## Task details
Below are records to be output exactly, every one of them.

## Records for this task
────────────────
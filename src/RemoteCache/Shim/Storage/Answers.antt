-- ===== src/RemoteCache/Shim/Storage/Answers.antt =====
-- What the handlers of `ContentAddressableStorage` answer: blob by blob, each for itself.
use tine.Base.{
  ◌≡◌, refl, ap, subst, ◌∙◌, inl, inr, true, Option, none, some, List, [], ◌∷◌, Bytes, Bool-cases,
}
use tine.RemoteCache.Outcome.{Raised, Result, ok, err, is_value_error}
use tine.RemoteCache.Exec.{continue, continue-eq-ok, handled, handled-eq-ok, pure}
use tine.RemoteCache.Reapi.Digest.{Digest}
use tine.RemoteCache.Reapi.Blobs.{Blob, BatchReadBlobsRequest}
use tine.RemoteCache.Shim.State.{Setup, Shim}
use tine.RemoteCache.Shim.Local.{blob}
use tine.RemoteCache.Shim.Local.Presence.{blob-hashes}
use tine.RemoteCache.Shim.Storage.{status_invalid, read_as, unread, read_one, read_each, batch_read}

module _ (u : Setup) where
  -- What a read of one digest answers in a state: the bytes found, which have its hash, with the code
  -- of success; that none are found, without bytes and with the code of a missing blob; or why the
  -- digest is refused, with the code of an invalid argument.
  pub data IsAnswer (s : Shim u.world.State) (d : Digest) : Blob → Type 0 where
    given :
        (content : Bytes)
        → (blob u d s).0 ≡ ok (some content)
        → u.platform.sha256 content ≡ d.hash
        → IsAnswer s d (record {
          digest = some d;
          content = content;
          status = some (record { code = 0; reason = [] });
        })
    missing :
        (blob u d s).0 ≡ ok none
        → IsAnswer s d (record {
          digest = some d;
          content = [];
          status = some (record { code = 5; reason = [] });
        })
    refused :
        (e : Raised)
        → (blob u d s).0 ≡ err e
        → is_value_error e ≡ true
        → IsAnswer s d (record {
          digest = some d;
          content = [];
          status = some (record { code = 3; reason = u.say e });
        })

  -- One answer for each digest, in their order, each in the state that the one before left.
  abbrev pub AreAnswers : Shim u.world.State → List Digest → List Blob → Type 0
  AreAnswers s [] [] = Unit
  AreAnswers s (d ∷ ds) (one ∷ answers) = IsAnswer s d one × AreAnswers (blob u d s).1 ds answers
  AreAnswers s ds answers = ⊥

  read_as-IsAnswer :
      (s : Shim u.world.State) (d : Digest) (found : Option Bytes)
      → (blob u d s).0 ≡ ok found
      → IsAnswer s d (read_as u d found)
  read_as-IsAnswer s d none e = missing e
  read_as-IsAnswer s d (some content) e = given content e (blob-hashes u d s e)

  unread-IsAnswer :
      (s : Shim u.world.State) (d : Digest) (e : Raised) (left : Shim u.world.State) {one : Blob}
      → (blob u d s).0 ≡ err e
      → (unread u d e left).0 ≡ ok one
      → IsAnswer s d one
  unread-IsAnswer s d e left {one} raised h = elim (Bool-cases (is_value_error e)) [
    | inl v ↦
        let h' = rw v at h in
        let same : record {
          digest = some d;
          content = [];
          status = some (status_invalid (u.say e));
        }
            ≡ one =
          cc in
        subst (IsAnswer s d) same (refused e raised v)
    | inr v ↦ absurd (let h' = rw v at h in cc)
  ]

  continue-eq-err :
      {A B : Type 0} (r : Result A) (f : A → B) (s : Shim u.world.State) {e : Raised}
      → (continue r (λ a. pure (f a)) s).0 ≡ err e
      → r ≡ err e
  continue-eq-err (ok a) f s h = absurd (cc)
  continue-eq-err (err x) f s h = cc

  read_one-IsAnswer :
      (d : Digest) (s : Shim u.world.State) {one : Blob}
      → (read_one u d s).0 ≡ ok one
      → IsAnswer s d one
  read_one-IsAnswer d s {one} h = elim (handled-eq-ok _ (unread u d) _ h) [
    | inl e ↦
        let got = blob u d s in
        let (found, f, k) = continue-eq-ok got.0 (λ c. pure (read_as u d c)) got.1 e in
        let same : read_as u d found ≡ one = cc in
        subst (IsAnswer s d) same (read_as-IsAnswer s d found f)
    | inr (why, f, k) ↦
        unread-IsAnswer s d why _ (continue-eq-err (blob u d s).0 (read_as u d) (blob u d s).1 f) k
  ]

  answered-left :
      (d : Digest) (r : Result (Option Bytes)) (s : Shim u.world.State)
      → let tried = continue r (λ c. pure (read_as u d c)) s in
        (handled tried.0 (unread u d) tried.1).1 ≡ s
  answered-left d (ok found) s = refl
  answered-left d (err e) s = elim (Bool-cases (is_value_error e)) [
    | inl v ↦ rw v refl
    | inr v ↦ rw v refl
  ]

  read_each-AreAnswers :
      (ds : List Digest) (s : Shim u.world.State) {answers : List Blob}
      → (read_each u ds s).0 ≡ ok answers
      → AreAnswers s ds answers
  unfolding read_each
  read_each-AreAnswers [] s {answers} h =
      let same : ◌≡◌ {A = List Blob} [] answers = cc in subst (AreAnswers s []) same tt
  read_each-AreAnswers (d ∷ ds) s {answers} h =
      let first = read_one u d s in
      let (one, e, k) = continue-eq-ok first.0 _ first.1 h in
      let others = read_each u ds first.1 in
      let (more, f, j) = continue-eq-ok others.0 (λ more. pure (one ∷ more)) others.1 k in
      let same : (one ∷ more) ≡ answers = cc in
      let left : first.1 ≡ (blob u d s).1 = answered-left d (blob u d s).0 (blob u d s).1 in
      subst (AreAnswers s (d ∷ ds)) same (
        read_one-IsAnswer d s e,
        subst (λ (t : Shim u.world.State). AreAnswers t ds more) left
            (read_each-AreAnswers ds first.1 f),
      )

  -- `batch_read` answers once for each digest, in their order, by what is found for it in the state that
  -- the digests before left: with the bytes, which have its hash, and code 0; without bytes and with
  -- code 5, where there are none; or with code 3 and why the digest is refused.
  pub batch_read-AreAnswers :
      (request : BatchReadBlobsRequest) (s : Shim u.world.State) {answers : List Blob}
      → (batch_read u request s).0 ≡ ok (record { blobs = answers })
      → AreAnswers s request.digests answers
  unfolding batch_read
  batch_read-AreAnswers request s {answers} h =
      let got = read_each u request.digests s in
      let (found, e, k) = continue-eq-ok got.0 (λ l. pure (record { blobs = l })) got.1 h in
      let same : found ≡ answers = cc in
      read_each-AreAnswers request.digests s (e ∙ ap (λ (l : List Blob). ok l) same)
────────────────
## Reply to the exercise
filename src/RemoteCache/Shim/Storage/Answers.antt
-- ===== src/RemoteCache/Shim/Storage/Answers.antt =====
-- What the handlers of `ContentAddressableStorage` answer: blob by blob, each for itself.
use tine.Base.{
  ◌≡◌, refl, ap, subst, ◌∙◌, inl, inr, true, Option, none, some, List, [], ◌∷◌, Bytes, Bool-cases,
}
use tine.RemoteCache.Outcome.{Raised, Result, ok, err, is_value_error}
use tine.RemoteCache.Exec.{continue, continue-eq-ok, handled, handled-eq-ok, pure}
use tine.RemoteCache.Reapi.Digest.{Digest}
use tine.RemoteCache.Reapi.Blobs.{Blob, BatchReadBlobsRequest}
use tine.RemoteCache.Shim.State.{Setup, Shim}
use tine.RemoteCache.Shim.Local.{blob}
use tine.RemoteCache.Shim.Local.Presence.{blob-hashes}
use tine.RemoteCache.Shim.Storage.{status_invalid, read_as, unread, read_one, read_each, batch_read}

module _ (u : Setup) where
  -- What a read of one digest answers in a state: the bytes found, which have its hash, with the code
  -- of success; that none are found, without bytes and with the code of a missing blob; or why the
  -- digest is refused, with the code of an invalid argument.
  pub data IsAnswer (s : Shim u.world.State) (d : Digest) : Blob → Type 0 where
    given :
        (content : Bytes)
        → (blob u d s).0 ≡ ok (some content)
        → u.platform.sha256 content ≡ d.hash
        → IsAnswer s d (record {
          digest = some d;
          content = content;
          status = some (record { code = 0; reason = [] });
        })
    missing :
        (blob u d s).0 ≡ ok none
        → IsAnswer s d (record {
          digest = some d;
          content = [];
          status = some (record { code = 5; reason = [] });
        })
    refused :
        (e : Raised)
        → (blob u d s).0 ≡ err e
        → is_value_error e ≡ true
        → IsAnswer s d (record {
          digest = some d;
          content = [];
          status = some (record { code = 3; reason = u.say e });
        })

  -- One answer for each digest, in their order, each in the state that the one before left.
  abbrev pub AreAnswers : Shim u.world.State → List Digest → List Blob → Type 0
  AreAnswers s [] [] = Unit
  AreAnswers s (d ∷ ds) (one ∷ answers) = IsAnswer s d one × AreAnswers (blob u d s).1 ds answers
  AreAnswers s ds answers = ⊥

  read_as-IsAnswer :
      (s : Shim u.world.State) (d : Digest) (found : Option Bytes)
      → (blob u d s).0 ≡ ok found
      → IsAnswer s d (read_as u d found)
  read_as-IsAnswer s d none e = missing e
  read_as-IsAnswer s d (some content) e = given content e (blob-hashes u d s e)

  unread-IsAnswer :
      (s : Shim u.world.State) (d : Digest) (e : Raised) (left : Shim u.world.State) {one : Blob}
      → (blob u d s).0 ≡ err e
      → (unread u d e left).0 ≡ ok one
      → IsAnswer s d one
  unread-IsAnswer s d e left {one} raised h = elim (Bool-cases (is_value_error e)) [
    | inl v ↦
        let h' = rw v at h in
        let same : record {
          digest = some d;
          content = [];
          status = some (status_invalid (u.say e));
        }
            ≡ one =
          cc in
        subst (IsAnswer s d) same (refused e raised v)
    | inr v ↦ absurd (let h' = rw v at h in cc)
  ]

  continue-eq-err :
      {A B : Type 0} (r : Result A) (f : A → B) (s : Shim u.world.State) {e : Raised}
      → (continue r (λ a. pure (f a)) s).0 ≡ err e
      → r ≡ err e
  continue-eq-err (ok a) f s h = absurd (cc)
  continue-eq-err (err x) f s h = cc

  read_one-IsAnswer :
      (d : Digest) (s : Shim u.world.State) {one : Blob}
      → (read_one u d s).0 ≡ ok one
      → IsAnswer s d one
  read_one-IsAnswer d s {one} h = elim (handled-eq-ok _ (unread u d) _ h) [
    | inl e ↦
        let got = blob u d s in
        let (found, f, k) = continue-eq-ok got.0 (λ c. pure (read_as u d c)) got.1 e in
        let same : read_as u d found ≡ one = cc in
        subst (IsAnswer s d) same (read_as-IsAnswer s d found f)
    | inr (why, f, k) ↦
        unread-IsAnswer s d why _ (continue-eq-err (blob u d s).0 (read_as u d) (blob u d s).1 f) k
  ]

  answered-left :
      (d : Digest) (r : Result (Option Bytes)) (s : Shim u.world.State)
      → let tried = continue r (λ c. pure (read_as u d c)) s in
        (handled tried.0 (unread u d) tried.1).1 ≡ s
  answered-left d (ok found) s = refl
  answered-left d (err e) s = elim (Bool-cases (is_value_error e)) [
    | inl v ↦ rw v refl
    | inr v ↦ rw v refl
  ]

  read_each-AreAnswers :
      (ds : List Digest) (s : Shim u.world.State) {answers : List Blob}
      → (read_each u ds s).0 ≡ ok answers
      → AreAnswers s ds answers
  unfolding read_each
  read_each-AreAnswers [] s {answers} h =
      let same : ◌≡◌ {A = List Blob} [] answers = cc in subst (AreAnswers s []) same tt
  read_each-AreAnswers (d ∷ ds) s {answers} h =
      let first = read_one u d s in
      let (one, e, k) = continue-eq-ok first.0 _ first.1 h in
      let others = read_each u ds first.1 in
      let (more, f, j) = continue-eq-ok others.0 (λ more. pure (one ∷ more)) others.1 k in
      let same : (one ∷ more) ≡ answers = cc in
      let left : first.1 ≡ (blob u d s).1 = answered-left d (blob u d s).0 (blob u d s).1 in
      subst (AreAnswers s (d ∷ ds)) same (
        read_one-IsAnswer d s e,
        subst (λ (t : Shim u.world.State). AreAnswers t ds more) left
            (read_each-AreAnswers ds first.1 f),
      )

  -- `batch_read` answers once for each digest, in their order, by what is found for it in the state that
  -- the digests before left: with the bytes, which have its hash, and code 0; without bytes and with
  -- code 5, where there are none; or with code 3 and why the digest is refused.
  pub batch_read-AreAnswers :
      (request : BatchReadBlobsRequest) (s : Shim u.world.State) {answers : List Blob}
      → (batch_read u request s).0 ≡ ok (record { blobs = answers })
      → AreAnswers s request.digests answers
  unfolding batch_read
  batch_read-AreAnswers request s {answers} h =
      let got = read_each u request.digests s in
      let (found, e, k) = continue-eq-ok got.0 (λ l. pure (record { blobs = l })) got.1 h in
      let same : found ≡ answers = cc in
      read_each-AreAnswers request.digests s (e ∙ ap (λ (l : List Blob). ok l) same)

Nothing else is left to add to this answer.